PROMPT: This exercise calls for a copy of every line in the listing below that carries the word "each".

= Beginning of Section =

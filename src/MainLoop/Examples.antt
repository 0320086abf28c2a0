-- ===== src/MainLoop/Examples.antt =====
-- Tests of MainLoop.
use libudjat.Base.{
  ℕ, ◌+◌, ◌≤◌, ◌≡◌, refl, true, false, Option, none, some, List, [], ◌∷◌, ◌==◌, if◌then◌else◌,
  count,
}
use libudjat.MainLoop.{close_handler, Handle, Polled, dispatch, MainLoop}
use libudjat.MainLoop.Round.{dispatch-once, dispatch-ready}

abbrev loop_of : List ℕ → MainLoop
loop_of hs = record {
  handlers = hs;
  running = true;
  fd = λ x. some (x + 10);
  events = λ x. 1;
  wakes = 0;
  closed_fds = [];
}

-- Handler 1 closes handler 3, 2 throws, and the others do nothing.
abbrev mixed : Handle
unfolding close_handler
mixed h revents s = if h == 1 then (false, close_handler 3 s) else (h == 2, s)

abbrev entries : List Polled
entries = (1, 1) ∷ (2, 1) ∷ (3, 1) ∷ (4, 0) ∷ (5, 1) ∷ []

abbrev calls_of : Option (List ℕ × MainLoop) → List ℕ
calls_of none = []
calls_of (some (calls, last)) = calls

mixed_calls :
    calls_of (dispatch 1 mixed true entries 5 (loop_of (1 ∷ 2 ∷ 3 ∷ 4 ∷ 5 ∷ []))) ≡ 1 ∷ 2 ∷ 5 ∷ []
unfolding dispatch close_handler
mixed_calls = refl

dispatch-once_example :
    (calls : List ℕ) × (last : MainLoop) × (dispatch 1 mixed true entries 5
        (loop_of (1 ∷ 2 ∷ 3 ∷ 4 ∷ 5 ∷ []))
      ≡ some (calls, last))
    × ((x : ℕ) → count x calls ≤ count x (1 ∷ 2 ∷ 3 ∷ 5 ∷ []))
    × ((x : ℕ) → count x calls ≤ count x (1 ∷ 2 ∷ 3 ∷ 4 ∷ 5 ∷ []))
dispatch-once_example = dispatch-once mixed true entries 5 (loop_of (1 ∷ 2 ∷ 3 ∷ 4 ∷ 5 ∷ [])) refl

abbrev silent : Handle
silent h revents s = (false, s)

dispatch-ready_example :
    (last : MainLoop) × (dispatch 1 silent true entries 5 (loop_of (5 ∷ 4 ∷ 3 ∷ 2 ∷ 1 ∷ []))
      ≡ some (1 ∷ 2 ∷ 3 ∷ 5 ∷ [], last))
dispatch-ready_example =
    dispatch-ready silent true entries 5 (loop_of (5 ∷ 4 ∷ 3 ∷ 2 ∷ 1 ∷ [])) refl
      (λ h r s. (refl, refl)) (refl, (refl, (refl, (refl, (refl, tt)))))
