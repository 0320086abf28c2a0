-- ===== src/MimeType.antt =====
-- src/library/tools/http/mimetype.cc: the table of types, and the look-ups by name, by extension and
-- by the beginning of a name. A `MimeType` is its place in the table; what is logged is left out.
pub mod Laws
mod Examples
use mathlib.Core.Option
use libudjat.Base.{
  ℕ, zero, suc, ◌+◌, Bool, Option, none, some, List, [], ◌∷◌, map, ltb, if◌then◌else◌, Bytes, codes,
  length, get_or, case_eq, ncase_eq,
}

pub record Entry : Type 0 where
  pub ext : Bytes
  pub str : Bytes

abbrev entry : Bytes → Bytes → Entry
entry e s = record { ext = e; str = s }

-- `types`
unfoldable pub types : List Entry
types =
    entry (codes "bin") (codes "application/octet-stream")
    ∷ entry (codes "json") (codes "application/json; charset=utf-8")
    ∷ entry (codes "csv") (codes "text/csv; charset=utf-8")
    ∷ entry (codes "tsv") (codes "text/tab-separated-values; charset=utf-8")
    ∷ entry (codes "txt") (codes "text/plain; charset=utf-8")
    ∷ entry (codes "xml") (codes "text/xml; charset=utf-8")
    ∷ entry (codes "html") (codes "text/html; charset=utf-8")
    ∷ entry (codes "css") (codes "text/css; charset=utf-8")
    ∷ entry (codes "js") (codes "application/javascript")
    ∷ entry (codes "svg") (codes "image/svg+xml")
    ∷ entry (codes "gif") (codes "image/gif")
    ∷ entry (codes "jpg") (codes "image/jpeg")
    ∷ entry (codes "png") (codes "image/png")
    ∷ entry (codes "pem") (codes "application/x-pem-file")
    ∷ entry (codes "ico") (codes "image/x-icon")
    ∷ entry (codes "yaml") (codes "text/yaml")
    ∷ entry (codes "gz") (codes "application/gzip")
    ∷ entry (codes "rpm") (codes "application/x-rpm")
    ∷ entry (codes "odt") (codes "application/vnd.oasis.opendocument.text")
    ∷ entry (codes "ods") (codes "application/vnd.oasis.opendocument.spreadsheet")
    ∷ entry (codes "sh") (codes "application/x-sh")
    ∷ entry (codes "pdf") (codes "application/pdf")
    ∷ entry (codes "rtf") (codes "text/richtext")
    ∷ entry (codes "xhtml") (codes "application/xhtml+xml")
    ∷ entry (codes "zip") (codes "application/zip")
    ∷ entry (codes "cacert") (codes "application/x-x509-ca-cert")
    ∷ entry (codes "form-urlencoded") (codes "x-www-form-urlencoded")
    ∷ []

-- A `for` over the table: the first place from `ix` on whose entry passes the test.
unfoldable pub find_type : (Entry → Bool) → ℕ → List Entry → Option ℕ
find_type test ix [] = none
find_type test ix (e ∷ es) =
    let later = find_type test (ix + 1) es in if test e then some ix else later

abbrev pub or_else : Option ℕ → Option ℕ → Option ℕ
or_else none o = o
or_else (some n) o = some n

-- The three loops of `MimeTypeFactory`, over a table.
unfoldable pub search_in : List Entry → Bytes → Option ℕ
unfolding find_type case_eq ncase_eq
search_in es str = or_else (find_type (λ e. case_eq str e.str) 0 es) (
    or_else (find_type (λ e. case_eq str e.ext) 0 es)
      (find_type (λ e. ncase_eq (length str) str e.str) 0 es))

-- `MimeTypeFactory(str,def)`; a null `str` is the empty text.
unfoldable pub mime_type_or : Bytes → ℕ → ℕ
unfolding search_in types
mime_type_or [] def = def
mime_type_or (c ∷ cs) def = Option.get_or (search_in types (c ∷ cs)) def

-- `MimeTypeFactory(str,log_def)`
unfoldable pub mime_type : Bytes → ℕ
unfolding search_in types
mime_type [] = 0
mime_type (c ∷ cs) = Option.get_or (search_in types (c ∷ cs)) 0

-- `types[ix]`; behind the end of the array there is no entry.
unfoldable pub entry_at : ℕ → List Entry → Option Entry
entry_at ix [] = none
entry_at zero (e ∷ es) = some e
entry_at (suc ix) (e ∷ es) = entry_at ix es

-- `to_string`, over a table: `none` is a read behind the array.
unfoldable pub text_in : List Entry → ℕ → Bool → Option Bytes
unfolding entry_at
text_in es ix suffix =
    Option.map (λ e. if suffix then e.ext else e.str)
      (entry_at (if ltb (length es) ix then 0 else ix) es)

unfoldable pub type_to_string : ℕ → Bool → Option Bytes
unfolding text_in types
type_to_string ix suffix = text_in types ix suffix
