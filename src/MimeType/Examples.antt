-- ===== src/MimeType/Examples.antt =====
-- Tests of MimeType.
use libudjat.Base.{◌≡◌, refl, codes}
use libudjat.MimeType.{mime_type}

mime_type-beginning : mime_type (codes "application/g") ≡ 16
unfolding mime_type
mime_type-beginning = refl
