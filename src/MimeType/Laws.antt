-- ===== src/MimeType/Laws.antt =====
-- Names and extensions are found in the table, and where the index runs over its end.
use mathlib.Core.Option
use libudjat.Base.{
  ℕ, zero, suc, ◌<◌, ◌≡◌, refl, ◌↔◌, inl, inr, Bool, true, false, Option, none, some, List, [], ◌∷◌,
  arith, ltb, ◌==◌, if◌then◌else◌, ltb→lt, ==→eq, Bool-cases, passes_below, passes_below_at, Bytes,
  length,
}
use libudjat.MimeType.{types, mime_type, entry_at, text_in, type_to_string, Entry}

-- Looking a text up, if there is one, gives back the place.
abbrev is_found : Option Bytes → ℕ → Bool
is_found none k = false
is_found (some s) k = mime_type s == k

names_found : passes_below (λ k. is_found (type_to_string k false) k) 27 ≡ true
unfolding passes_below type_to_string mime_type
names_found = refl

extensions_found : passes_below (λ k. is_found (type_to_string k true) k) 27 ≡ true
unfolding passes_below type_to_string mime_type
extensions_found = refl

is_found-some :
    (o : Option Bytes) (k : ℕ)
    → is_found o k ≡ true
    → (s : Bytes) × (o ≡ some s) × (mime_type s ≡ k)
is_found-some none k h = absurd cc
is_found-some (some s) k h = (s, refl, ==→eq (mime_type s) k h)

-- Every type has a name and an extension, and `MimeTypeFactory` finds it again by each of them.
pub mime_type-type_to_string :
    (k : ℕ) (suffix : Bool)
    → k < 27
    → (s : Bytes) × (type_to_string k suffix ≡ some s) × (mime_type s ≡ k)
mime_type-type_to_string k false h = is_found-some _ k (passes_below_at _ 27 k names_found h)
mime_type-type_to_string k true h = is_found-some _ k (passes_below_at _ 27 k extensions_found h)

entry_at_inside :
    (ix : ℕ) (es : List Entry) → ix < length es → (e : Entry) × (entry_at ix es ≡ some e)
unfolding entry_at
entry_at_inside ix [] h = absurd (omega arith)
entry_at_inside zero (e ∷ es) h = (e, refl)
entry_at_inside (suc ix) (e ∷ es) h = entry_at_inside ix es (omega arith)

entry_at_end : (es : List Entry) → entry_at (length es) es ≡ none
unfolding entry_at
entry_at_end [] = refl
entry_at_end (e ∷ es) = entry_at_end es

text_in-none :
    (es : List Entry) (ix : ℕ) (suffix : Bool)
    → 0 < length es
    → (text_in es ix suffix ≡ none) ↔ (ix ≡ length es)
unfolding text_in
text_in-none [] ix suffix h = absurd (omega arith)
text_in-none (e ∷ es) ix suffix h = elim (Bool-cases (ltb (length (e ∷ es)) ix)) [
  | inl big ↦ rw big (λ h. absurd cc, λ h. absurd (ground arith))
  | inr small ↦ rw small (forth small, λ h. rw (h, entry_at_end (e ∷ es)))
]
  where
    forth :
        ltb (length (e ∷ es)) ix ≡ false
        → Option.map (λ (x : Entry). if suffix then x.ext else x.str) (entry_at ix (e ∷ es)) ≡ none
        → ix ≡ length (e ∷ es)
    forth small h = elim (Bool-cases (ltb ix (length (e ∷ es)))) [
      | inl inside ↦
          let (x, f) = entry_at_inside ix (e ∷ es) (ltb→lt _ _ inside) in ground (arith, f)
      | inr outside ↦ ground arith
    ]

-- `to_string` reads behind the table for one index, the number of its entries, and for no other.
pub type_to_string_overruns :
    (ix : ℕ) (suffix : Bool) → (type_to_string ix suffix ≡ none) ↔ (ix ≡ 27)
unfolding type_to_string
type_to_string_overruns ix suffix = text_in-none types ix suffix (omega arith)
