-- ===== src/Quark.antt =====
-- src/library/tools/quark.cc: `Quark::Controller::find`, which gives equal texts the same pointer. A
-- pointer is a number, and the memory tells the text at each. The order in a set does not matter:
-- no two texts of it are equal.
pub mod Same
mod Examples
use libudjat.Base.{ℕ, Bool, Option, none, some, List, [], ◌∷◌, ◌==◌, if◌then◌else◌, Bytes, bytes_eq}

pub record Quarks : Type 0 where
  pub memory : ℕ → Bytes
  pub stored : List ℕ
  pub allocated : List ℕ

-- `find` of an `unordered_set` with the class `Equal`.
unfoldable pub search : (ℕ → Bytes) → Bytes → List ℕ → Option ℕ
unfolding bytes_eq
search memory text [] = none
search memory text (p ∷ ps) =
    let rest = search memory text ps in if bytes_eq (memory p) text then some p else rest

-- `new char[sz+1]` and `strncpy`: `address` is what `new` gave.
abbrev pub write : ℕ → Bytes → (ℕ → Bytes) → ℕ → Bytes
write address text memory p = if p == address then text else memory p

-- A text in none of the sets: a copy of it, or the pointer itself, is put into one.
unfoldable pub insert : ℕ → Bool → ℕ → Quarks → ℕ × Quarks
insert address copy value s =
    if copy
    then (
      address,
      record s {
        memory = write address (s.memory value) s.memory;
        allocated = address ∷ s.allocated;
      },
    )
    else (value, record s { stored = value ∷ s.stored })

-- A text that is not empty.
unfoldable pub intern : ℕ → Bool → ℕ → Quarks → ℕ × Quarks
unfolding search insert
intern address copy value s = elim (search s.memory (s.memory value) s.stored) [
  | some p ↦ (p, s)
  | none ↦ elim (search s.memory (s.memory value) s.allocated) [
    | some p ↦ (p, s)
    | none ↦ insert address copy value s
  ]
]

-- `find`: a null pointer or an empty text gives a null pointer.
unfoldable pub find : ℕ → Bool → Option ℕ → Quarks → Option ℕ × Quarks
unfolding intern
find address copy none s = (none, s)
find address copy (some value) s = elim (s.memory value) [
  | [] ↦ (none, s)
  | c ∷ cs ↦ (some (intern address copy value s).0, (intern address copy value s).1)
]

= End of Section =

RESULT OF THIS TASK:
-- Every type has a name and an extension, and `MimeTypeFactory` finds it again by each of them.
-- pointer is a number, and the memory tells the text at each. The order in a set does not matter:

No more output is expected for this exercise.